Dataset content:
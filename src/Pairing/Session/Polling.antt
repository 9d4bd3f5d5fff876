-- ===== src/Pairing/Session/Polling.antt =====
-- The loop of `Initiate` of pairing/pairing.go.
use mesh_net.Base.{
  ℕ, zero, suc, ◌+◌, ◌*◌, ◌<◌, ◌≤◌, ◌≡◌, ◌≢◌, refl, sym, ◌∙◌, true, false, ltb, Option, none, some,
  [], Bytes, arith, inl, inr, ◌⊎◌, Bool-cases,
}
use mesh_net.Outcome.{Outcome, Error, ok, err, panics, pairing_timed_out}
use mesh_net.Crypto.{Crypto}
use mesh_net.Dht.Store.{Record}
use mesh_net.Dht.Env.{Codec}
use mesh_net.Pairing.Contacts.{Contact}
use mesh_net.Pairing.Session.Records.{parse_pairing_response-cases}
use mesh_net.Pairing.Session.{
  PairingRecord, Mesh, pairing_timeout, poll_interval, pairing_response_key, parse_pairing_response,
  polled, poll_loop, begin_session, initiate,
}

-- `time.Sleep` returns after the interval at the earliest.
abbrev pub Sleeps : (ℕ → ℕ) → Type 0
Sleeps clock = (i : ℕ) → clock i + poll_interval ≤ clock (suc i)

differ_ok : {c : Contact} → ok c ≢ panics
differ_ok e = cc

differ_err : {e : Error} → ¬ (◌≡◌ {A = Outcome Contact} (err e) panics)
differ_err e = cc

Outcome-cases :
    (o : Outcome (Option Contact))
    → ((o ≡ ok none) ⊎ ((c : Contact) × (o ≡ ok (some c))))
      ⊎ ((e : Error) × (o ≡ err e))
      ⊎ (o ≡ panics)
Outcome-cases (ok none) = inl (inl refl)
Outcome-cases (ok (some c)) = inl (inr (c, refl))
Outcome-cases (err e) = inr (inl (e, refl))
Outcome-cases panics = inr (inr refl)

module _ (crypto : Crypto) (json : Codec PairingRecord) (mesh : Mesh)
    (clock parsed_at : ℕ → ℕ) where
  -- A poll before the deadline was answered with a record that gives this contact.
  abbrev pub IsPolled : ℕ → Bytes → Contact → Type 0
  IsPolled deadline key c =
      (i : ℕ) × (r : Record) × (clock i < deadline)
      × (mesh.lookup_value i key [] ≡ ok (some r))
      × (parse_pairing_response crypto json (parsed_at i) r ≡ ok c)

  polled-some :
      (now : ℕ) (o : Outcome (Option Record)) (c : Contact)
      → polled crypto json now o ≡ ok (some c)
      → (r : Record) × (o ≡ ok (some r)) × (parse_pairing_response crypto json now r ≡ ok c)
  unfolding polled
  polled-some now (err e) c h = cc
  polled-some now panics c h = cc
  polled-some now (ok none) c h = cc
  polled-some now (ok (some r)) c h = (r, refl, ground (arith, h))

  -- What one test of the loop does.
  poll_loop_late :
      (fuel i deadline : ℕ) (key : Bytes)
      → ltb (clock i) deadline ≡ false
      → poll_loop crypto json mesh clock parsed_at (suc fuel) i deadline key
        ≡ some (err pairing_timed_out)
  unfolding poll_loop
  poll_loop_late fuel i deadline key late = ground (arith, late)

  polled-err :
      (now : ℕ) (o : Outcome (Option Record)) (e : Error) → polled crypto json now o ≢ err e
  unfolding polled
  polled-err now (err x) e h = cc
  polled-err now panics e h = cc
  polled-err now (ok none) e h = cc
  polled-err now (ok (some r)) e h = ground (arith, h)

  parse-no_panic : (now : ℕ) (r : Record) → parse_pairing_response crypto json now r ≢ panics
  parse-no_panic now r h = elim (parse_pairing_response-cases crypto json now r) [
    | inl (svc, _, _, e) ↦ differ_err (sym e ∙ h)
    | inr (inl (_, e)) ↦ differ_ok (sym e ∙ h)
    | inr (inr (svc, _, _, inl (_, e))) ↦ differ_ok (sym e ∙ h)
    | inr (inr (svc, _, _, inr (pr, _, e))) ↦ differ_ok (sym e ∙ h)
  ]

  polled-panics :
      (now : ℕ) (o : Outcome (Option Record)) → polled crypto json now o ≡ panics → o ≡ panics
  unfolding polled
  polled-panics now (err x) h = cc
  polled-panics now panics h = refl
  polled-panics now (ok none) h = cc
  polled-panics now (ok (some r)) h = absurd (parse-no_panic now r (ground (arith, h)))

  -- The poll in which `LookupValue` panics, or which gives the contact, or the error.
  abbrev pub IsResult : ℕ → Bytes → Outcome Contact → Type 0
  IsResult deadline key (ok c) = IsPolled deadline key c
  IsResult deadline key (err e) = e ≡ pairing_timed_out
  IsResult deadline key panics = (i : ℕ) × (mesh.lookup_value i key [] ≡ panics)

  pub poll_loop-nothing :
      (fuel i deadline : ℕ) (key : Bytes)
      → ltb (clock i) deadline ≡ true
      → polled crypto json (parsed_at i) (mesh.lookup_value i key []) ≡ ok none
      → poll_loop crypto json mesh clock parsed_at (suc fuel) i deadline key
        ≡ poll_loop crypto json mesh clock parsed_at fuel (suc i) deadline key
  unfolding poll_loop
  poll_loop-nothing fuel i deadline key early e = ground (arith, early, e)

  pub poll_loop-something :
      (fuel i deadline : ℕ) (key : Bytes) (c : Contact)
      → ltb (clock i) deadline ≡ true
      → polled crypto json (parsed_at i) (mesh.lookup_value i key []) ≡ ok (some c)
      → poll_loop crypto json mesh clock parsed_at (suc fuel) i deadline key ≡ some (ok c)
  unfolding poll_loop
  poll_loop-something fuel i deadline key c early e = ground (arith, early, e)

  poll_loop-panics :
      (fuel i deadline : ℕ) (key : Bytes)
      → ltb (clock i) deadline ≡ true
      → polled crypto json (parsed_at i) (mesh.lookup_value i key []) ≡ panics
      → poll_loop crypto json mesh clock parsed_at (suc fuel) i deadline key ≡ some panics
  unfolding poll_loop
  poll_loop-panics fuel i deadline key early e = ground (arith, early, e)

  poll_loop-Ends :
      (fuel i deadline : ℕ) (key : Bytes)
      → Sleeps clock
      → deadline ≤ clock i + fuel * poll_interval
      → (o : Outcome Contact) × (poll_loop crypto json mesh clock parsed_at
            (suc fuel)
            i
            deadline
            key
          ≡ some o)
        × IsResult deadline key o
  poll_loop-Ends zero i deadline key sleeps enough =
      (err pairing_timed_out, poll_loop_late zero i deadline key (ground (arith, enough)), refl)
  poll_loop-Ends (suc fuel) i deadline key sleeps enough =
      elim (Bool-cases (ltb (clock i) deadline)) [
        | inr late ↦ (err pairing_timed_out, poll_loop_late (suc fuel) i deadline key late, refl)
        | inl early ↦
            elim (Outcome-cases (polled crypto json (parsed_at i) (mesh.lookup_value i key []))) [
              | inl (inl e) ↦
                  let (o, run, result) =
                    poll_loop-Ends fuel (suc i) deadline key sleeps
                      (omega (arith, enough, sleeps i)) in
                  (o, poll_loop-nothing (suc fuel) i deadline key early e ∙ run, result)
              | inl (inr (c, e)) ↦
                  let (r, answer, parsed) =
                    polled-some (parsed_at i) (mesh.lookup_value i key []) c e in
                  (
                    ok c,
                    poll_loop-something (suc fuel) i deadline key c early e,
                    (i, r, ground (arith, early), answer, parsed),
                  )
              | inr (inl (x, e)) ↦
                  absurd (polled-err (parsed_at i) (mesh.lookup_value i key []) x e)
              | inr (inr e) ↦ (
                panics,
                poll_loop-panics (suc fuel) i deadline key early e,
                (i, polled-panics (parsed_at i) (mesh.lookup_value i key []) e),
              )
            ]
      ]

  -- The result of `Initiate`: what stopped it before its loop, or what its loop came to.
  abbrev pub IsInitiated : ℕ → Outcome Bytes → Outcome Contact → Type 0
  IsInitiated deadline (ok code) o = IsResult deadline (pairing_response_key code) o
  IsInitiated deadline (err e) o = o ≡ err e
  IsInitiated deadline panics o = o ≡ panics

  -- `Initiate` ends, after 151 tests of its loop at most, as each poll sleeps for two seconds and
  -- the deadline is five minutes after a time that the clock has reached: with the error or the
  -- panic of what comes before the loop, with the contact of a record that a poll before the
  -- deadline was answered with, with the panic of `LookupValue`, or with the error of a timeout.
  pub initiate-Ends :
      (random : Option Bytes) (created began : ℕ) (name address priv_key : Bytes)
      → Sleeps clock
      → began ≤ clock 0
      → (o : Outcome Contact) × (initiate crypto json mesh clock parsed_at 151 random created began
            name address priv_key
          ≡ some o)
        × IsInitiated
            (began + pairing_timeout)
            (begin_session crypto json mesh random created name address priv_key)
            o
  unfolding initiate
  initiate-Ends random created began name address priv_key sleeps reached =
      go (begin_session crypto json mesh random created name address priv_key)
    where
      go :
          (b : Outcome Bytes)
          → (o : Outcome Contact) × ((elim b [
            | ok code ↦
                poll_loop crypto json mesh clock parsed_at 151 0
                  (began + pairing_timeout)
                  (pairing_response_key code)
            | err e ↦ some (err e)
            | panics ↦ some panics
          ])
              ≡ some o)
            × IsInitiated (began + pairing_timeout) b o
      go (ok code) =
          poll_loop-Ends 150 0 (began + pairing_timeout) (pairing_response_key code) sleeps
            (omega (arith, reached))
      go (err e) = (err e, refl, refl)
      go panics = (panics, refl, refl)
==
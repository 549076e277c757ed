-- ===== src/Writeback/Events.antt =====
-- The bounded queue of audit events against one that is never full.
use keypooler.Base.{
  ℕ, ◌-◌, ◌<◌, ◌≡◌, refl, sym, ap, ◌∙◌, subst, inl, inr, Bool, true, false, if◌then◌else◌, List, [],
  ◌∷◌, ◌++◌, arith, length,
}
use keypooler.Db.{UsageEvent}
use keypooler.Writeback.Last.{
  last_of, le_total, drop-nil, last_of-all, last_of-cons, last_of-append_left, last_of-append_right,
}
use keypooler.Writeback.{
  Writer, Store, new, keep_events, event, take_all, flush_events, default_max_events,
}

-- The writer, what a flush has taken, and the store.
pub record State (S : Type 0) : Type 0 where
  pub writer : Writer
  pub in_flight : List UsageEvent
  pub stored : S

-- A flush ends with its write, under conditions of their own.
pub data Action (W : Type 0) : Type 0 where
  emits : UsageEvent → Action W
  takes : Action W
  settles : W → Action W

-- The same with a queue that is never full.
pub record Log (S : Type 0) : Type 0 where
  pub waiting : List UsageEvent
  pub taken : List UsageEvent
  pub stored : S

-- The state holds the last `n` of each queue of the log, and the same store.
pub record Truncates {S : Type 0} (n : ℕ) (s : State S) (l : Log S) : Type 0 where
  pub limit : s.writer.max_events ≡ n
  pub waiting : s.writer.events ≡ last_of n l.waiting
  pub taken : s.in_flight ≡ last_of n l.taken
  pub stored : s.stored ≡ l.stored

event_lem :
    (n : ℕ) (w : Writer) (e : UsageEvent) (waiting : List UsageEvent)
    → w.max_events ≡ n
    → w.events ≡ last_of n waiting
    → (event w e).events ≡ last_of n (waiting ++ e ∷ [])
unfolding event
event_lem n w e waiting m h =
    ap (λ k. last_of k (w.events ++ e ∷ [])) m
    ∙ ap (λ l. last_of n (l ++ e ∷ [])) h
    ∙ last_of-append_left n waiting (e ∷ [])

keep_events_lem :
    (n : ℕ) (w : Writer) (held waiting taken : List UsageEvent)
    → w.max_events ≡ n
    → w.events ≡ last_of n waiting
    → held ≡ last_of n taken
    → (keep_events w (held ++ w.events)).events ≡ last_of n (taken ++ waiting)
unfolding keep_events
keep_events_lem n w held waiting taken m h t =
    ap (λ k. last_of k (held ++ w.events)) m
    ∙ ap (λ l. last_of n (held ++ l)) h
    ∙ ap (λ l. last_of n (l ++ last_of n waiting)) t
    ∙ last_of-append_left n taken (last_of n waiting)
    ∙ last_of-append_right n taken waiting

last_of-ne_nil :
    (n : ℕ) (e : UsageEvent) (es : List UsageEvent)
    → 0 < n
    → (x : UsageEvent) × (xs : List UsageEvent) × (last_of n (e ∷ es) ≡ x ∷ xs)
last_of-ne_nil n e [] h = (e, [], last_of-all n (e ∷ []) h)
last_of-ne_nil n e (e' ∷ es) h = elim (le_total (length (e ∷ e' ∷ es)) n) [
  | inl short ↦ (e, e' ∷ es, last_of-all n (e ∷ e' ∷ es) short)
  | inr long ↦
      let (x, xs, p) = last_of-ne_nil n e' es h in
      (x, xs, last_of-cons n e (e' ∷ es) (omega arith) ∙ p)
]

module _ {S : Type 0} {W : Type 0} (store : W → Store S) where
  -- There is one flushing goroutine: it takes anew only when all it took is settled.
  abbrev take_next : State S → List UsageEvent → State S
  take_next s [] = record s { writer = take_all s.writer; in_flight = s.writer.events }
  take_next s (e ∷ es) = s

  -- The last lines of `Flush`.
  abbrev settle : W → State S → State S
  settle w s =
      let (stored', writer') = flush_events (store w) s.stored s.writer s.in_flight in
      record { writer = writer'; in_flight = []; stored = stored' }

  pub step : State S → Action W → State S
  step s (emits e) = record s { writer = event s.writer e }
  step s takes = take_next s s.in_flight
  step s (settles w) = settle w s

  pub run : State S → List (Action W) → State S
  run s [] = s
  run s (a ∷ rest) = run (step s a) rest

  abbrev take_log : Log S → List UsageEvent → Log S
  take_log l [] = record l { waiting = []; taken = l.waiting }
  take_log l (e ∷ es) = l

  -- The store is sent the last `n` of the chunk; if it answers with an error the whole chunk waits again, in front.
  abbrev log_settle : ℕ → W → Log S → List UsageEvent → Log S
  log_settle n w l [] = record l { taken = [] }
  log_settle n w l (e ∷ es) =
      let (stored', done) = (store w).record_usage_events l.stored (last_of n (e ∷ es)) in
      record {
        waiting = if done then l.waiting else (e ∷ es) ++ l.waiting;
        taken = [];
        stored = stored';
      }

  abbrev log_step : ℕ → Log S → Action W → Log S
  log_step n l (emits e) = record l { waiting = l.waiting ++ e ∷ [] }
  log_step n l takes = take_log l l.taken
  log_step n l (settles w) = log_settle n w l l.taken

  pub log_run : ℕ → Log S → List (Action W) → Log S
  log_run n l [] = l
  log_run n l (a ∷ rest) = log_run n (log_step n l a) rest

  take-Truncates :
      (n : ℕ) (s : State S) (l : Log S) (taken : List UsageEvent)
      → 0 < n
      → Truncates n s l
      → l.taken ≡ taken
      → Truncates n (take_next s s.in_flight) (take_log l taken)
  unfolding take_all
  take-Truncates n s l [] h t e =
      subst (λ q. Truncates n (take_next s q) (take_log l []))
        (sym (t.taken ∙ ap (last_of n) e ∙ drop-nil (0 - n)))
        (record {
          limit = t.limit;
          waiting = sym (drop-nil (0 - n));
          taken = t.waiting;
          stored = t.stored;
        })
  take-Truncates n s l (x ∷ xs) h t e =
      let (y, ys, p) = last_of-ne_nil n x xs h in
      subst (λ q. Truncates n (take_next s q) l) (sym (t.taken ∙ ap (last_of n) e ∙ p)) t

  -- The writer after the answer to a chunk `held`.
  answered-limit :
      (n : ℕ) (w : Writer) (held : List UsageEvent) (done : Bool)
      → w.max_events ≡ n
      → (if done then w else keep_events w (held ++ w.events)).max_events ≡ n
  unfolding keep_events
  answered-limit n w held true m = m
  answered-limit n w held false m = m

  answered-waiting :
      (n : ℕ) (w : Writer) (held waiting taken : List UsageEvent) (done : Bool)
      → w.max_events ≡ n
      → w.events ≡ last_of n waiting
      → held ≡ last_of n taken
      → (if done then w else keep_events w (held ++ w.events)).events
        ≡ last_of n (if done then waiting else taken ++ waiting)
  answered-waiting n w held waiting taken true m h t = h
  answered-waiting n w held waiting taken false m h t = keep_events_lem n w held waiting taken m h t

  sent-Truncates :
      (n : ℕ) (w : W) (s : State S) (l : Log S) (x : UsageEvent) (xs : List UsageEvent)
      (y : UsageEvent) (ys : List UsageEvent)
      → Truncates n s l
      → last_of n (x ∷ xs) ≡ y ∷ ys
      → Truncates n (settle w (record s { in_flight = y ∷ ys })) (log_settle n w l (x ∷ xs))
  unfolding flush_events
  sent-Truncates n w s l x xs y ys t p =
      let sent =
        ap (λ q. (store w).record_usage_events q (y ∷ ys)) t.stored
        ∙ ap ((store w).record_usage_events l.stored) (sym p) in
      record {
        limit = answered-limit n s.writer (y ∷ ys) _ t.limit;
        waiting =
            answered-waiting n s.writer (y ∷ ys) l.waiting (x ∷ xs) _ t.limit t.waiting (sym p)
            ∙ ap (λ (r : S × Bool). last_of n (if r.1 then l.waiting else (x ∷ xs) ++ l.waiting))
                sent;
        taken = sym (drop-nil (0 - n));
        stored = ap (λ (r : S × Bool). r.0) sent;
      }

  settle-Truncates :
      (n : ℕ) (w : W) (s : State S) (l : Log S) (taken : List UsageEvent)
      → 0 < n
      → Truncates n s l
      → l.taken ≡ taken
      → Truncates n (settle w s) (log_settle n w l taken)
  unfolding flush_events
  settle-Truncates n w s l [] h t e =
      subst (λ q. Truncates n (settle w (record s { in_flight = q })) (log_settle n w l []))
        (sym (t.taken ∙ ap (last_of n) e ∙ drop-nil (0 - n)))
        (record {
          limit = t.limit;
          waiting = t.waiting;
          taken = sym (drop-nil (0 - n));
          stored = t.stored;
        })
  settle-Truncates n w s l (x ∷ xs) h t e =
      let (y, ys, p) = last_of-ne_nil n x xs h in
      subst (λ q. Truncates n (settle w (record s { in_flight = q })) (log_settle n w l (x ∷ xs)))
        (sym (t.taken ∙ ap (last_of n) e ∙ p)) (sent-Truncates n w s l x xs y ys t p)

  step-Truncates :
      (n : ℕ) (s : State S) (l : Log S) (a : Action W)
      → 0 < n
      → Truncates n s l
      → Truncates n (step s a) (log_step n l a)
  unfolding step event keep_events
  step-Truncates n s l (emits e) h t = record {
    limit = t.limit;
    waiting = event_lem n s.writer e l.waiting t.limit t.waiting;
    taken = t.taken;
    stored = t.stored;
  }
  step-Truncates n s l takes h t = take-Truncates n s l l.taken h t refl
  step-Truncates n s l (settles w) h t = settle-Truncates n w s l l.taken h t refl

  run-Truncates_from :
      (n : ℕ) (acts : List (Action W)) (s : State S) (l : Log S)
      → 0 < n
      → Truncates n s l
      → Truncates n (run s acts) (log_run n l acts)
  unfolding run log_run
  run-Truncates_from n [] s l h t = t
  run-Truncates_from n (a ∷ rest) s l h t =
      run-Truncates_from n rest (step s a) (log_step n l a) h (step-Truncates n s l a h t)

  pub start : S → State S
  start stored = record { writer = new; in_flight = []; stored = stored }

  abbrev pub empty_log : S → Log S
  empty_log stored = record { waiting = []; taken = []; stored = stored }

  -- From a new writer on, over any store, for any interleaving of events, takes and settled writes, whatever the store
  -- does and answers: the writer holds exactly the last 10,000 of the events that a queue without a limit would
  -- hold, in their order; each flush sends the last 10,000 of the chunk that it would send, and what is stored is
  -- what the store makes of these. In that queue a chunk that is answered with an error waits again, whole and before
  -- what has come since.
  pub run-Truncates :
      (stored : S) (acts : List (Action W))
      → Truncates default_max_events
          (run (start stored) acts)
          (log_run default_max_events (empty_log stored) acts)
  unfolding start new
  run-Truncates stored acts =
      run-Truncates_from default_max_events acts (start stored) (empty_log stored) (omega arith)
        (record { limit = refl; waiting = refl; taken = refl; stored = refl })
---
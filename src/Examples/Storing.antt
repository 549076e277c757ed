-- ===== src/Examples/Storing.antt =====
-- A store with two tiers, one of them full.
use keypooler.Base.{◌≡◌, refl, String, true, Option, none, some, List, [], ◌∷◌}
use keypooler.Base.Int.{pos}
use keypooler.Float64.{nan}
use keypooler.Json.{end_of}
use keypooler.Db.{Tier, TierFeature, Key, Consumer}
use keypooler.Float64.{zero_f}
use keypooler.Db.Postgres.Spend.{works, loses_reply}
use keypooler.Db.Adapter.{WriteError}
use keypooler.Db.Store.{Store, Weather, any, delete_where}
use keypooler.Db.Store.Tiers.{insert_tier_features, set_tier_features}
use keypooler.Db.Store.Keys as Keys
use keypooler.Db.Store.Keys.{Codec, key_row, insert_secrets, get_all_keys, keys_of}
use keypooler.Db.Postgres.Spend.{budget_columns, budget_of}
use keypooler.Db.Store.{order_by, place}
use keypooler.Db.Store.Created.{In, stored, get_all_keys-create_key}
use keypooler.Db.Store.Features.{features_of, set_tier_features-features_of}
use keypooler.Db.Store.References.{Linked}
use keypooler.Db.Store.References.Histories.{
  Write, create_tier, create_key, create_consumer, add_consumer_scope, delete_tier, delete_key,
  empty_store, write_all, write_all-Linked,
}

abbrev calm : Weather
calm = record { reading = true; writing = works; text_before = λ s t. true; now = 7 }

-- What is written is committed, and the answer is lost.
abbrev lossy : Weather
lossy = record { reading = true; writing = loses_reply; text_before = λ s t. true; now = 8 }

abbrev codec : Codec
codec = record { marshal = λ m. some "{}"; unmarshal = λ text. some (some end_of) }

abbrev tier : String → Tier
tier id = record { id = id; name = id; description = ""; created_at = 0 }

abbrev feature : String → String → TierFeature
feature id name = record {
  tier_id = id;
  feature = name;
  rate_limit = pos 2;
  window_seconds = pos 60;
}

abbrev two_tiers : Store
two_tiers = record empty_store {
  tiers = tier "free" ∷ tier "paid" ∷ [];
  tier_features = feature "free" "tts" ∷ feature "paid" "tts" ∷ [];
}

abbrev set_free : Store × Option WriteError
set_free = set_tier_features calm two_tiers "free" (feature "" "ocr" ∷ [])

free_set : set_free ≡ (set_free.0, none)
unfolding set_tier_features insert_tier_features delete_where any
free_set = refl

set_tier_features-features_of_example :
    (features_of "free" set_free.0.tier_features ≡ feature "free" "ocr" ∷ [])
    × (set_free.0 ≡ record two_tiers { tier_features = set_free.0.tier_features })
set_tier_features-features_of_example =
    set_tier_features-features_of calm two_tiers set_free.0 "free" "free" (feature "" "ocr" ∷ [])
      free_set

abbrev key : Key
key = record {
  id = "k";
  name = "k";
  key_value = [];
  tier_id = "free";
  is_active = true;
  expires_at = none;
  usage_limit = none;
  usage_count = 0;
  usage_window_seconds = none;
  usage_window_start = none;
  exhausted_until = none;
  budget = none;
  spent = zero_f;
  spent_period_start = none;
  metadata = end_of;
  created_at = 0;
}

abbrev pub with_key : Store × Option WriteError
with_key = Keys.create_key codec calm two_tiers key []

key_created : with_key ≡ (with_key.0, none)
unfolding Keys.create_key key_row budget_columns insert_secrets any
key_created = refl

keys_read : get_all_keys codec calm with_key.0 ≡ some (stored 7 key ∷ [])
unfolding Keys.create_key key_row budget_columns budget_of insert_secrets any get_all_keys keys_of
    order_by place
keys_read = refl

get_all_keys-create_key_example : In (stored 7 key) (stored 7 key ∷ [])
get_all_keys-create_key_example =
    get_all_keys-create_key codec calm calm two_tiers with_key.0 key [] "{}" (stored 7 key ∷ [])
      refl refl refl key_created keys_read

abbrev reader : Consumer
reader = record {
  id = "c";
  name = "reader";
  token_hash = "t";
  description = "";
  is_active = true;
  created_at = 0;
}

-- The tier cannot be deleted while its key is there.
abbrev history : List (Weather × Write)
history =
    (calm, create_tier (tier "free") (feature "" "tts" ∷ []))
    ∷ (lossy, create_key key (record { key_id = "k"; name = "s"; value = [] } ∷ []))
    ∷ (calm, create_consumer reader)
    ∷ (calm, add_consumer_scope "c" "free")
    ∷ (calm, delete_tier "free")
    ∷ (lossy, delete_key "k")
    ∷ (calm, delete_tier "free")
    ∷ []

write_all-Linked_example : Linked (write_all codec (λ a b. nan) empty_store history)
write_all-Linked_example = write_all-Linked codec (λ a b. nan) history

Action item: Take the lines above from the one containing "(n : ℕ) (w : Writer) (held : List" down to the one containing "UsageEvent) (xs : List UsageEvent)", and transcribe them exactly, both ends included.

Reply:
      (n : ℕ) (w : Writer) (held : List UsageEvent) (done : Bool)
      → w.max_events ≡ n
      → (if done then w else keep_events w (held ++ w.events)).max_events ≡ n
  unfolding keep_events
  answered-limit n w held true m = m
  answered-limit n w held false m = m

  answered-waiting :
      (n : ℕ) (w : Writer) (held waiting taken : List UsageEvent) (done : Bool)
      → w.max_events ≡ n
      → w.events ≡ last_of n waiting
      → held ≡ last_of n taken
      → (if done then w else keep_events w (held ++ w.events)).events
        ≡ last_of n (if done then waiting else taken ++ waiting)
  answered-waiting n w held waiting taken true m h t = h
  answered-waiting n w held waiting taken false m h t = keep_events_lem n w held waiting taken m h t

  sent-Truncates :
      (n : ℕ) (w : W) (s : State S) (l : Log S) (x : UsageEvent) (xs : List UsageEvent)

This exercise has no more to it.